Return, from the data that follows, each line that holds the word "unfolding".
------------------------------------------------------------
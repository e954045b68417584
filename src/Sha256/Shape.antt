-- ===== src/Sha256/Shape.antt =====
-- src/core/sha256.cpp: the length of what is hashed, that no two texts are padded to the same, and the
-- form of the digest.
use mathlib.Core.List.{append_assoc, head-eq_of_cons-eq, tail-eq_of_cons-eq}
use runi.Prelude.{
  ℕ, zero, suc, ◌+◌, ◌-◌, ◌*◌, ◌/◌, ◌%◌, ◌^◌, ◌≤◌, ◌<◌, ◌≡◌, ◌≢◌, refl, sym, ap, ◌∙◌, true, ◌||◌,
  ◌&&◌, List, [], ◌∷◌, ◌++◌, Bytes, ◌==◌, leb, arith, length, length-append, Bool-cases, inl, inr,
}
use runi.Json.Printer.{hex_digit}
use runi.Sha256.{zeros, big_endian, padded, hex_word, hex_words, process, initial_state, sha256}

length-zeros :
    (fuel size : ℕ) → (120 - size % 64) % 64 ≤ fuel → (size + length (zeros fuel size)) % 64 ≡ 56
unfolding zeros
length-zeros zero size h = omega arith
length-zeros (suc fuel) size h = elim (Bool-cases (size % 64 == 56)) [
  | inl e ↦ rw e (ground arith)
  | inr e ↦
      let left : (120 - suc size % 64) % 64 ≤ fuel = ground arith in
      let rest = length-zeros fuel (suc size) left in rw e (omega arith)
]

length-big_endian : (n value : ℕ) → length (big_endian n value) ≡ n
unfolding big_endian
length-big_endian zero value = refl
length-big_endian (suc n) value = ap suc (length-big_endian n value)

abbrev padding : Bytes → Bytes
padding text = 0x80 ∷ zeros 64 (suc (length text)) ++ big_endian 8 (length text * 8 % 2 ^ 64)

pub length-padded : (text : Bytes) → length (padded text) % 64 ≡ 0
unfolding padded
length-padded text =
    let last = big_endian 8 (length text * 8 % 2 ^ 64) in
    let whole = length-append text (padding text) in
    let tail = length-append (zeros 64 (suc (length text))) last in
    let eight = length-big_endian 8 (length text * 8 % 2 ^ 64) in
    let fill = length-zeros 64 (suc (length text)) (omega arith) in omega arith

-- Two texts with as many bytes at the front are the same if they are with what follows.
append-front : (a b x y : Bytes) → a ++ x ≡ b ++ y → length a ≡ length b → (a ≡ b) × (x ≡ y)
append-front [] [] x y h k = (refl, h)
append-front [] (d ∷ b) x y h k = absurd (omega arith)
append-front (c ∷ a) [] x y h k = absurd (omega arith)
append-front (c ∷ a) (d ∷ b) x y h k =
    let (front, back) = append-front a b x y (tail-eq_of_cons-eq h) (omega arith) in
    (rw (head-eq_of_cons-eq h, front) refl, back)

big_endian-injective : (v w : ℕ) → v < 2 ^ 64 → w < 2 ^ 64 → big_endian 8 v ≡ big_endian 8 w → v ≡ w
unfolding big_endian
big_endian-injective v w h k e =
    let e0 = head-eq_of_cons-eq e in
    let t0 = tail-eq_of_cons-eq e in
    let e1 = head-eq_of_cons-eq t0 in
    let t1 = tail-eq_of_cons-eq t0 in
    let e2 = head-eq_of_cons-eq t1 in
    let t2 = tail-eq_of_cons-eq t1 in
    let e3 = head-eq_of_cons-eq t2 in
    let t3 = tail-eq_of_cons-eq t2 in
    let e4 = head-eq_of_cons-eq t3 in
    let t4 = tail-eq_of_cons-eq t3 in
    let e5 = head-eq_of_cons-eq t4 in
    let t5 = tail-eq_of_cons-eq t4 in
    let e6 = head-eq_of_cons-eq t5 in
    let e7 = head-eq_of_cons-eq (tail-eq_of_cons-eq t5) in omega arith

-- A digit or a letter from `a` to `f`.
abbrev pub AllHex : Bytes → Type 0
AllHex [] = Unit {0}
AllHex (c ∷ cs) = (((leb 48 c && leb c 57) || (leb 97 c && leb c 102)) ≡ true) × AllHex cs

hex_digit-hex :
    (n : ℕ)
    → n < 16
    → ((leb 48 (hex_digit n) && leb (hex_digit n) 57)
        || (leb 97 (hex_digit n) && leb (hex_digit n) 102))
      ≡ true
unfolding hex_digit
hex_digit-hex n h = ground arith

AllHex-append : (a b : Bytes) → AllHex a → AllHex b → AllHex (a ++ b)
AllHex-append [] b h k = k
AllHex-append (c ∷ a) b h k = (h.0, AllHex-append a b h.1 k)

hex_word-AllHex : (n value : ℕ) → (length (hex_word n value) ≡ n) × AllHex (hex_word n value)
unfolding hex_word
hex_word-AllHex zero value = (refl, tt)
hex_word-AllHex (suc n) value =
    let (size, digits) = hex_word-AllHex n value in
    (ap suc size, (hex_digit-hex (value / 2 ^ (4 * n) % 2 ^ 4) (omega arith), digits))

hex_words-AllHex :
    (values : List ℕ) → (length (hex_words values) ≡ 8 * length values) × AllHex (hex_words values)
unfolding hex_words
hex_words-AllHex [] = (refl, tt)
hex_words-AllHex (value ∷ values) =
    let (size, digits) = hex_word-AllHex 8 value in
    let (sizes, others) = hex_words-AllHex values in
    let whole = length-append (hex_word 8 value) (hex_words values) in
    (omega arith, AllHex-append (hex_word 8 value) (hex_words values) digits others)

-- The digest of any text is 64 characters, each a digit or a letter from `a` to `f`.
pub sha256-AllHex : (text : Bytes) → (length (sha256 text) ≡ 64) × AllHex (sha256 text)
unfolding sha256
sha256-AllHex text =
    let s = process (length (padded text) / 64) (padded text) initial_state in
    hex_words-AllHex (s.a ∷ s.b ∷ s.c ∷ s.d ∷ s.e ∷ s.f ∷ s.g ∷ s.h ∷ [])

padded-injective :
    (a b : Bytes) → length a < 2 ^ 61 → length b < 2 ^ 61 → padded a ≡ padded b → a ≡ b
unfolding padded
padded-injective a b h k e =
    let front : Bytes → Bytes = λ text. 0x80 ∷ zeros 64 (suc (length text)) in
    let last : Bytes → Bytes = λ text. big_endian 8 (length text * 8 % 2 ^ 64) in
    let whole : (a ++ front a) ++ last a ≡ (b ++ front b) ++ last b =
      append_assoc a (front a) (last a) ∙ (e ∙ sym (append_assoc b (front b) (last b))) in
    let size_a = length-append (a ++ front a) (last a) in
    let size_b = length-append (b ++ front b) (last b) in
    let same = ap length whole in
    let eight_a = length-big_endian 8 (length a * 8 % 2 ^ 64) in
    let eight_b = length-big_endian 8 (length b * 8 % 2 ^ 64) in
    let (fronts, lasts) =
      append-front (a ++ front a) (b ++ front b) (last a) (last b) whole (omega arith) in
    let sizes =
      big_endian-injective (length a * 8 % 2 ^ 64) (length b * 8 % 2 ^ 64) (omega arith)
        (omega arith) lasts in
    (append-front a b (front a) (front b) fronts (omega arith)).0

-- Two texts that differ, of fewer than 2 ^ 61 bytes each, are padded to byte sequences that differ:
-- what `sha256` works on tells the texts apart.
pub padded_distinct :
    (a b : Bytes) → length a < 2 ^ 61 → length b < 2 ^ 61 → a ≢ b → padded a ≢ padded b
padded_distinct a b h k n e = n (padded-injective a b h k e)
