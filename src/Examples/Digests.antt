-- ===== src/Examples/Digests.antt =====
-- A digest that is known, and its form.
use runi.Prelude.{◌≡◌, ◌≢◌, refl, ap, arith, bytes, length}
use runi.Sha256.{sha256, padded}
use runi.Sha256.Shape.{AllHex, sha256-AllHex, padded_distinct}

digest_of_abc :
    sha256 (bytes "abc") ≡ bytes "ba7816bf8f01cfea414140de5dae2223b00361a396177a9cb410ff61f20015ad"
unfolding sha256 bytes
digest_of_abc = refl

sha256-AllHex_example : (length (sha256 (bytes "abc")) ≡ 64) × AllHex (sha256 (bytes "abc"))
sha256-AllHex_example = sha256-AllHex (bytes "abc")

padded_distinct_example : padded (bytes "ab") ≢ padded (bytes "abc")
unfolding bytes
padded_distinct_example =
    padded_distinct (bytes "ab") (bytes "abc") (omega arith) (omega arith)
      λ e. let sizes = ap length e in omega arith
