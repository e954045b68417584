-- ===== src/Store/Engine.antt =====
-- src/state/state_store.cpp: how a statement can fail, in `prepare`, `bind_text` and
-- `sqlite3_step`.
use runi.Prelude.{ℕ, Bytes, bytes, [], ◌∷◌, ◌++◌, ◌==◌, if◌then◌else◌}
use runi.Error.{Error, Result, success, failure, make_error, persistence}

-- What SQLite does with a statement; the text is `sqlite3_errmsg`.
pub data Fault : Type 0 where
  works : Fault
  prepare_fails bind_fails step_fails : Bytes → Fault

-- The faults of the statements of one call, by their number in it, and the message that SQLite has
-- for a constraint that does not hold.
pub record Engine : Type 0 where
  pub fault : ℕ → Fault
  pub constraint : Bytes

unfoldable pub sqlite_error : Bytes → Bytes → Bytes → Error
sqlite_error code message detail = make_error persistence code (message ++ (bytes ": " ++ detail))

-- A statement that is prepared, bound and stepped, with the error of its step.
unfoldable pub statement : Fault → Bytes → Bytes → Result (Unit {0})
unfolding sqlite_error
statement works code message = success tt
statement (prepare_fails detail) code message = failure (
    sqlite_error (bytes "sqlite_prepare_failed") (bytes "Could not prepare SQLite statement")
      detail)
statement (bind_fails detail) code message =
    failure
      (sqlite_error (bytes "sqlite_bind_failed") (bytes "Could not bind SQLite text value") detail)
statement (step_fails detail) code message = failure (sqlite_error code message detail)

-- `execute`, which `Transaction` calls; it neither binds nor has an own error code.
unfoldable pub execute : Fault → Result (Unit {0})
execute works = success tt
execute (prepare_fails detail) = failure (
    make_error persistence (bytes "sqlite_execute_failed")
      (bytes "SQLite statement failed: " ++ detail))
execute (bind_fails detail) = failure (
    make_error persistence (bytes "sqlite_execute_failed")
      (bytes "SQLite statement failed: " ++ detail))
execute (step_fails detail) = failure (
    make_error persistence (bytes "sqlite_execute_failed")
      (bytes "SQLite statement failed: " ++ detail))

-- `column_text` makes a string of a C string: it ends at the first zero byte.
unfoldable pub column_text : Bytes → Bytes
column_text [] = []
column_text (c ∷ cs) = if c == 0 then [] else c ∷ column_text cs

abbrev pub working : Engine
working = record { fault = λ _. works; constraint = [] }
------------------------------------------------------------
Answer section.
unfolding zeros
unfolding big_endian
unfolding padded
unfolding big_endian
unfolding hex_digit
unfolding hex_word
unfolding hex_words
unfolding sha256
unfolding padded
unfolding sha256 bytes
unfolding bytes
unfolding sqlite_error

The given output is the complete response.